The methods may include transmitting the updated executable tripartite smart contract to the applicant, the beneficiary and the contract executor for signing.

Methods may include deleting the executable tripartite smart contract in response to failing to receive a signature from each of the applicant, the beneficiary and the third-party entity within a given timeframe. The given timeframe may be one or more hours, one or more days, one or more months and/or any other suitable timeframe. The methods may include transmitting a failure-to-issue notification to the applicant in response to failing to receive a signature from each of the applicant, the beneficiary and the third-party entity within the given timeframe. The failure-to-issue notification may request the applicant to review, amend and resign the executable tripartite smart contact. In parallel to transmitting the failure-to-issue notification to the applicant, the methods may include transmitting the failure-to-issue notification to the beneficiary and the third-party entity.

In response to receiving a signature from the applicant, the beneficiary and the contract executor, the methods may include generating an issued tripartite smart contract. The methods may include storing the issued tripartite smart contract in the second repository.

The contract executor may include automation tools to ingest, process, and compare the issued tripartite smart contract to proof-of-delivery documentation provided by the beneficiary. Proof-of-delivery documentation may include documentation that documents the transfer of goods/services from the beneficiary to the applicant. Proof-of-delivery documentation may include receipts, shipping confirmation and/or any other suitable documentation.

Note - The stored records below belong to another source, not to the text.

-- ===== src/Session/Subscribers.antt =====
-- The index by Subscriber-Id of src/pcrf_session_cache_index.cpp (g_mapSubscriberId).
use pcrf.Common.{
  ℕ, ◌≡◌, Bool, ◌&&◌, ◌||◌, not, none, some, List, [], ◌∷◌, ◌++◌, arith, if◌then◌else◌,
}
use pcrf.Common.Text.{Text, text_eq, text_eq_iff}
use pcrf.Common.Lists.{contains, erase_all, set_insert, contains-set_insert, contains-erase_all}
use pcrf.Common.Map.{Map, find, assign, insert, find-assign, find-insert}
use pcrf.Types.{enodata}

-- The list of a subscriber is a std::set, in the order of its iteration.
abbrev pub SubscriberIndex : Type 0
SubscriberIndex = Map (List Text)

-- index_subscriberId_insert_session.
unfoldable pub insert_session : Text → Text → SubscriberIndex → SubscriberIndex
insert_session sub sid m = elim (find sub m) [
  | none ↦ insert sub (sid ∷ []) m
  | some set ↦ assign sub (set_insert sid set) m
]

-- get_subscriber_session_id: the sessions are appended to the out-parameter.
unfoldable pub get_subscriber_session_id : Text → List Text → SubscriberIndex → ℕ × List Text
get_subscriber_session_id sub out m = elim (find sub m) [
  | some set ↦ (0, out ++ set)
  | none ↦ (enodata, out)
]

-- rm_subscriber_session_id; a set holds an element once, so that erasing all its copies is
-- erasing the one that find() returns.
unfoldable pub rm_subscriber_session_id : Text → Text → SubscriberIndex → SubscriberIndex
rm_subscriber_session_id sub sid m = elim (find sub m) [
  | some set ↦ if contains sid set then assign sub (erase_all sid set) m else m
  | none ↦ m
]

-- The sessions of a subscriber, as a caller with a fresh vector gets them.
abbrev pub sessions_of : Text → SubscriberIndex → List Text
sessions_of sub m = (get_subscriber_session_id sub [] m).1

abbrev pub listed : Text → Text → SubscriberIndex → Bool
listed sub sid m = contains sid (sessions_of sub m)

pub listed-insert_session :
    (sub jub sid tid : Text) (m : SubscriberIndex)
    → listed jub tid (insert_session sub sid m)
      ≡ (listed jub tid m || (text_eq sub jub && text_eq sid tid))
unfolding get_subscriber_session_id insert_session contains
listed-insert_session sub jub sid tid m = ground (
  arith,
  find-assign sub jub (set_insert sid (sessions_of sub m)) m,
  find-insert sub jub (sid ∷ []) m,
  contains-set_insert tid sid (sessions_of sub m),
  text_eq_iff sub jub,
  text_eq_iff sid tid,
  text_eq_iff tid sid,
)

pub listed-rm_subscriber_session_id :
    (sub jub sid tid : Text) (m : SubscriberIndex)
    → listed jub tid (rm_subscriber_session_id sub sid m)
      ≡ (listed jub tid m && not (text_eq sub jub && text_eq sid tid))
unfolding get_subscriber_session_id rm_subscriber_session_id contains
listed-rm_subscriber_session_id sub jub sid tid m = ground (
  arith,
  find-assign sub jub (erase_all sid (sessions_of sub m)) m,
  contains-erase_all tid sid (sessions_of sub m),
  text_eq_iff sub jub,
  text_eq_iff sid tid,
)
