-- ===== src/Session/Links.antt =====
-- The links between IP-CAN and AF sessions of src/pcrf_session_cache_index.cpp (g_mapParent,
-- g_mapChild).
pub mod Consistency
pub mod Removal
pub mod Copies
use pcrf.Common.{ℕ, Bool, ◌&&◌, Option, none, some, List, [], ◌∷◌, ◌++◌, if◌then◌else◌}
use pcrf.Common.Text.{Text, text_eq}
use pcrf.Common.Lists.{erase_all}
use pcrf.Common.Map.{Map, find, assign, insert, erase}
use pcrf.Types.{enodata}

pub record Links : Type 0 where
  pub parent : Map (List Text)
  pub child : Map Text

-- rm_parent2child_link.
unfoldable pub rm_parent2child_link : Text → Text → Links → Links
rm_parent2child_link sid par s = elim (find par s.parent) [
  | some l ↦ record s { parent = assign par (erase_all sid l) s.parent }
  | none ↦ s
]

-- mk_parent2child.
unfoldable pub mk_parent2child : Text → Text → Links → Links
mk_parent2child sid par s = elim (find par s.parent) [
  | some l ↦ record s { parent = assign par (l ++ sid ∷ []) s.parent }
  | none ↦ record s { parent = insert par (sid ∷ []) s.parent }
]

-- The part of mk_link2parent after the link to the child: g_mapChild.insert and its outcome.
unfoldable pub link_child : Text → Text → Links → Links
unfolding rm_parent2child_link mk_parent2child
link_child sid par s = elim (find sid s.child) [
  | none ↦ record s { child = insert sid par s.child }
  | some previous ↦
      if text_eq previous par
      then s
      else (let unlinked = rm_parent2child_link sid previous s in
          mk_parent2child sid par (record unlinked { child = assign sid par unlinked.child }))
]

-- mk_link2parent; `none` is a null pointer.
unfoldable pub mk_link2parent : Text → Option Text → Links → Links
unfolding link_child mk_parent2child
mk_link2parent sid none s = s
mk_link2parent sid (some par) s = link_child sid par (mk_parent2child sid par s)

-- The loop of remove_link over the children of `sid`.
unfoldable pub unlink_children : Text → List Text → Map Text → Map Text
unlink_children sid [] child = child
unlink_children sid (c ∷ cs) child = unlink_children sid cs (elim (find c child) [
  | some par ↦ if text_eq par sid then erase c child else child
  | none ↦ child
])

-- remove_link.
unfoldable pub remove_link : Text → Links → Links
unfolding unlink_children rm_parent2child_link
remove_link sid s = elim (find sid s.parent) [
  | some l ↦ record { parent = erase sid s.parent; child = unlink_children sid l s.child }
  | none ↦ elim (find sid s.child) [
    | some par ↦
        let unlinked = rm_parent2child_link sid par s in
        record unlinked { child = erase sid unlinked.child }
    | none ↦ s
  ]
]

-- get_linked_child_session_list: the result code and the out-parameter.
unfoldable pub get_linked_child_session_list : Text → List Text → Links → ℕ × List Text
get_linked_child_session_list sid out s = elim (find sid s.parent) [
  | some l ↦ (0, l)
  | none ↦ (enodata, out)
]

-- get_linked_parent_session.
unfoldable pub get_linked_parent_session : Text → Text → Links → ℕ × Text
get_linked_parent_session sid out s = elim (find sid s.child) [
  | some par ↦ (0, par)
  | none ↦ (enodata, out)
]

For example, since the issued tripartite smart contract specifies the beneficiary's legal name and address, delivery expiry dates, an amount of resources and/or other information, the contract executor may pre-screen proof-of-delivery documentation. Pre-screening the proof-of-delivery documentation with the automation tools may reduce the workload for the third-party entity. The automation tools may include optical character recognition (“OCR”), business process automation and natural language processing tools to compare information within the issued tripartite smart contract and the proof-of-delivery documentation.

The beneficiary may provide the proof-of-delivery documentation to the third-party entity. The contract executor may compare the proof-of-delivery documentation to the issued tripartite smart contract. In response to determining that the proof-of-delivery documentation conforms with the conditions included in the issued tripartite smart contract, the third-party entity may transfer the amount of resources specified in the issued tripartite smart contract from the applicant to the beneficiary.

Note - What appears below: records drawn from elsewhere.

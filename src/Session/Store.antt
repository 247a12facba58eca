-- ===== src/Session/Store.antt =====
-- The session cache of src/pcrf_session_cache.cpp. Every operation runs under g_mutexSessionCache,
-- so it is one step on the store; locking is assumed to succeed.
pub mod Insertion
pub mod Lifecycle
pub mod Indexed
pub mod Stale
pub mod Search
use pcrf.Common.{
  ℕ, ◌≡◌, Bool, true, false, ◌&&◌, ◌||◌, not, Option, none, some, List, [], ◌∷◌, ◌++◌,
  if◌then◌else◌, ◌==◌,
}
use pcrf.Common.Text.{Text, text_eq}
use pcrf.Common.Map.{Map, find, assign, insert, erase}
use pcrf.Types.{
  OtlValue, OtlText, to_otl, SessionCache, SessionInfo, RequestInfo, UserEnvironment, UserLocation,
  SubscriptionIdData, new_session_cache, gx_hw_ugw, gx_ericssn, einval, enodata,
}
use pcrf.Session.FramedIp
use pcrf.Session.FramedIp.{FramedIpIndex}
use pcrf.Session.Subscribers
use pcrf.Session.Subscribers.{SubscriberIndex}
use pcrf.Session.Links.{Links, mk_link2parent, remove_link, get_linked_parent_session}

-- g_umapSessionCache and the indexes. The map owns its records, so an entry holds the record.
pub record Store : Type 0 where
  pub sessions : Map SessionCache
  pub framed_ip : FramedIpIndex
  pub links : Links
  pub subscribers : SubscriberIndex

-- `if ( ! src.is_null() ) dst = src`.
unfoldable pub take_new : OtlText → OtlText → OtlText
take_new old fresh = if fresh.is_null then old else fresh

-- `if ( dst.is_null() ) dst = src`.
unfoldable pub take_missing : OtlText → OtlText → OtlText
take_missing old cached = if old.is_null then cached else old

-- The assignments of update_some_values to the record that is found.
unfoldable pub merge_values : SessionCache → SessionCache → SessionCache
unfolding take_new
merge_values c n =
    let located = not n.cgi.is_null || not n.ecgi.is_null || not n.tai.is_null in
    record c {
      subscriber_id = take_new c.subscriber_id n.subscriber_id;
      framed_ip_addr = take_new c.framed_ip_addr n.framed_ip_addr;
      called_station_id = take_new c.called_station_id n.called_station_id;
      ip_can_type = take_new c.ip_can_type n.ip_can_type;
      ip_can_type_code = n.ip_can_type_code;
      sgsn_mccmnc = take_new c.sgsn_mccmnc n.sgsn_mccmnc;
      sgsn_ip_addr = take_new c.sgsn_ip_addr n.sgsn_ip_addr;
      rat_type = take_new c.rat_type n.rat_type;
      rat_type_code = n.rat_type_code;
      cgi = if located then n.cgi else c.cgi;
      ecgi = if located then n.ecgi else c.ecgi;
      tai = if located then n.tai else c.tai;
    }

-- pcrf_session_cache_update_some_values.
unfoldable pub update_some_values : Text → SessionCache → Map SessionCache → Map SessionCache
unfolding merge_values
update_some_values sid n m = elim (find sid m) [
  | some c ↦ assign sid (merge_values c n) m
  | none ↦ m
]

-- The loop of pcrf_session_cache_update_child over the linked sessions.
unfoldable pub update_each : List Text → SessionCache → Map SessionCache → Map SessionCache
unfolding update_some_values
update_each [] n m = m
update_each (sid ∷ sids) n m = update_each sids n (update_some_values sid n m)

-- pcrf_session_cache_update_child.
unfoldable pub update_child : Text → SessionCache → Store → Store
unfolding update_each
update_child sid n s = elim (find sid s.links.parent) [
  | some l ↦ record s { sessions = update_each l n s.sessions }
  | none ↦ s
]

-- `case GX_HW_UGW: case GX_ERICSSN:` before the index by Framed-IP-Address.
unfoldable pub is_core_dialect : ℕ → Bool
is_core_dialect dialect = dialect == gx_hw_ugw || dialect == gx_ericssn

-- The branch of insert_local for a session that is new to the cache.
unfoldable pub index_session : Text → SessionCache → Option Text → ℕ → Store → Store
unfolding is_core_dialect
index_session sid c par dialect s = record s {
  framed_ip =
      if is_core_dialect dialect
      then FramedIp.insert_session c.framed_ip_addr.v sid s.framed_ip
      else s.framed_ip;
  subscribers =
      if not c.subscriber_id.is_null
      then Subscribers.insert_session c.subscriber_id.v sid s.subscribers
      else s.subscribers;
  links = mk_link2parent sid par s.links;
}

-- pcrf_session_cache_insert_local.
unfoldable pub insert_local : Text → SessionCache → Option Text → ℕ → Store → Store
unfolding update_child index_session
insert_local sid c par dialect s = elim (find sid s.sessions) [
  | some _ ↦ update_child sid c (record s { sessions = assign sid c s.sessions })
  | none ↦ index_session sid c par dialect (record s { sessions = insert sid c s.sessions })
]

-- The part of the record that pcrf_session_cache_insert fills from the session.
unfoldable pub cache_of_session : SessionInfo → SessionCache
cache_of_session info = record new_session_cache {
  subscriber_id = to_otl info.subscriber_id;
  framed_ip_addr = info.framed_ip_address;
  called_station_id = info.called_station_id;
  origin_host = info.origin_host;
  origin_realm = info.origin_realm;
  imeisv = info.imei;
  end_user_imsi = info.subscription_data.end_user_imsi;
  end_user_e164 = info.subscription_data.end_user_e164;
}

-- The record that pcrf_session_cache_insert fills; `none` is a null pointer to the request.
unfoldable pub cache_of : SessionInfo → Option RequestInfo → SessionCache
unfolding cache_of_session
cache_of info none = cache_of_session info
cache_of info (some req) = record (cache_of_session info) {
  ip_can_type = req.user_environment.ip_can_type;
  ip_can_type_code = req.user_environment.ip_can_type_code;
  sgsn_mccmnc = req.user_environment.sgsn_mccmnc;
  sgsn_ip_addr = req.user_environment.sgsn_address;
  rat_type = req.user_environment.rat_type;
  rat_type_code = req.user_environment.rat_type_code;
  cgi = req.user_environment.usr_loc.cgi;
  ecgi = req.user_environment.usr_loc.ecgi;
  tai = req.user_environment.usr_loc.tai;
}

-- The assignments of pcrf_session_cache_get to the session.
unfoldable pub fill_session_info : Text → SessionCache → SessionInfo → SessionInfo
unfolding take_missing
fill_session_info sid c info = record info {
  subscriber_id = if not c.subscriber_id.is_null then c.subscriber_id.v else [];
  session_id = elim info.session_id [ [] ↦ sid | _ ∷ _ ↦ info.session_id ];
  framed_ip_address = take_missing info.framed_ip_address c.framed_ip_addr;
  called_station_id = take_missing info.called_station_id c.called_station_id;
  origin_host = take_missing info.origin_host c.origin_host;
  origin_realm = take_missing info.origin_realm c.origin_realm;
  imei = take_missing info.imei c.imeisv;
  subscription_data = record info.subscription_data {
    end_user_imsi = take_missing info.subscription_data.end_user_imsi c.end_user_imsi;
    end_user_e164 = take_missing info.subscription_data.end_user_e164 c.end_user_e164;
  };
}

-- The location, taken from the cache only if the request has none at all.
unfoldable fill_location : SessionCache → UserLocation → UserLocation
fill_location c l =
    if l.cgi.is_null && l.ecgi.is_null && l.tai.is_null
    then record l { cgi = c.cgi; ecgi = c.ecgi; tai = c.tai }
    else l

-- The assignments of pcrf_session_cache_get to the request.
unfoldable pub fill_request_info : SessionCache → RequestInfo → RequestInfo
unfolding take_missing fill_location
fill_request_info c req = record req {
  user_environment = record req.user_environment {
    ip_can_type = take_missing req.user_environment.ip_can_type c.ip_can_type;
    ip_can_type_code = c.ip_can_type_code;
    sgsn_mccmnc = take_missing req.user_environment.sgsn_mccmnc c.sgsn_mccmnc;
    sgsn_address = take_missing req.user_environment.sgsn_address c.sgsn_ip_addr;
    rat_type = take_missing req.user_environment.rat_type c.rat_type;
    rat_type_code = c.rat_type_code;
    usr_loc = fill_location c req.user_environment.usr_loc;
  };
}

-- The result of pcrf_session_cache_get: the code and the out-parameters; `none` is a null pointer.
pub record GetResult : Type 0 where
  pub code : ℕ
  pub info : Option SessionInfo
  pub req : Option RequestInfo
  pub parent_id : Option Text

abbrev pub map_option {ℓ κ} : {A : Type ℓ} {B : Type κ} → (A → B) → Option A → Option B
map_option f none = none
map_option f (some a) = some (f a)

-- pcrf_session_cache_get.
unfoldable pub get :
    Text → Option SessionInfo → Option RequestInfo → Option Text → Store → GetResult
unfolding fill_session_info fill_request_info
get sid info req par s = elim (find sid s.sessions) [
  | some c ↦ record {
    code = 0;
    info = map_option (fill_session_info sid c) info;
    req = map_option (fill_request_info c) req;
    parent_id = map_option (λ out. (get_linked_parent_session sid out s.links).1) par;
  }
  | none ↦ record { code = einval; info = info; req = req; parent_id = par }
]

-- What remove_local does to the indexes for the record it finds.
unfoldable pub unindex_session : Text → SessionCache → Store → Store
unindex_session sid c s = record s {
  subscribers =
      if not c.subscriber_id.is_null
      then Subscribers.rm_subscriber_session_id c.subscriber_id.v sid s.subscribers
      else s.subscribers;
  framed_ip = FramedIp.remove_session c.framed_ip_addr.v sid s.framed_ip;
}

-- pcrf_session_cache_remove_local: the code and the store.
unfoldable pub remove_local : Text → Store → ℕ × Store
unfolding unindex_session
remove_local sid s =
    let s1 = record s { links = remove_link sid s.links } in
    elim (find sid s.sessions) [
      | some c ↦
          let s2 = unindex_session sid c s1 in (0, record s2 { sessions = erase sid s2.sessions })
      | none ↦ (enodata, s1)
    ]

In response to a notification that the beneficiary and the applicant have completed the transaction, the methods may include storing the issued tripartite smart contract in the first repository, as a successfully executed tripartite smart contract. In response to storing the issued smart contract in the first repository, the methods may include deleting the issued smart contract from the second repository.

The first repository may be used for long-term data storage. The second repository may be used for short-term data storage. The first repository may be a structured repository. The first repository may include metadata tags tagging data stored in the first repository. The second repository may automatically delete data after a predetermined amount of time. The second repository may be a smaller repository than the first repository. The first repository may be linked to the second repository. The second repository may temporarily store a tripartite smart contract. The first repository may permanently store the tripartite smart contract. The tripartite smart contract may be deleted from the second repository prior to storing the tripartite smart contract in the first repository. The tripartite smart contract may be deleted from the second repository after storing the tripartite smart contract in the first repository.

BRIEF DESCRIPTION OF THE DRAWINGS

The objects and advantages of the invention will be apparent upon consideration of the following detailed description, taken in conjunction with the accompanying drawings, in which like reference characters refer to like parts throughout and in which:

FIG. 1 shows an illustrative diagram in accordance with principles of the disclosure;

FIG. 2 shows another illustrative diagram in accordance with principles of the disclosure;

FIG. 3 shows an illustrative flow chart in accordance with principles of the disclosure;

FIG. 4 shows another illustrative flow chart in accordance with principles of the disclosure;

FIG. 5 shows another illustrative diagram in accordance with principles of the disclosure; and

FIG. 6 shows yet another illustrative diagram in accordance with principles of the disclosure.

DETAILED DESCRIPTION OF THE DISCLOSURE

Systems, apparatus and methods for generating and enforcing a tripartite smart contract are provided.

The tripartite smart contract may regulate a transaction between an applicant and a beneficiary. The tripartite smart contract may regulate the transaction between the applicant and the beneficiary via a third-party entity. The third-party entity may generate the tripartite smart contract to regulate the transaction. The transaction may be an international transaction.

The applicant may be a receiver of goods/services from the beneficiary. The beneficiary may provide the goods/services in exchange for resources from the applicant. The tripartite smart contract may outline terms and conditions of the transfer of goods/services and resources between the applicant and the beneficiary. The third-party entity may serve as a mutual approver for both the transfer of goods/services and the transfer of resources. The third-party entity may be a financial institution. The third-party entity may be any suitable entity.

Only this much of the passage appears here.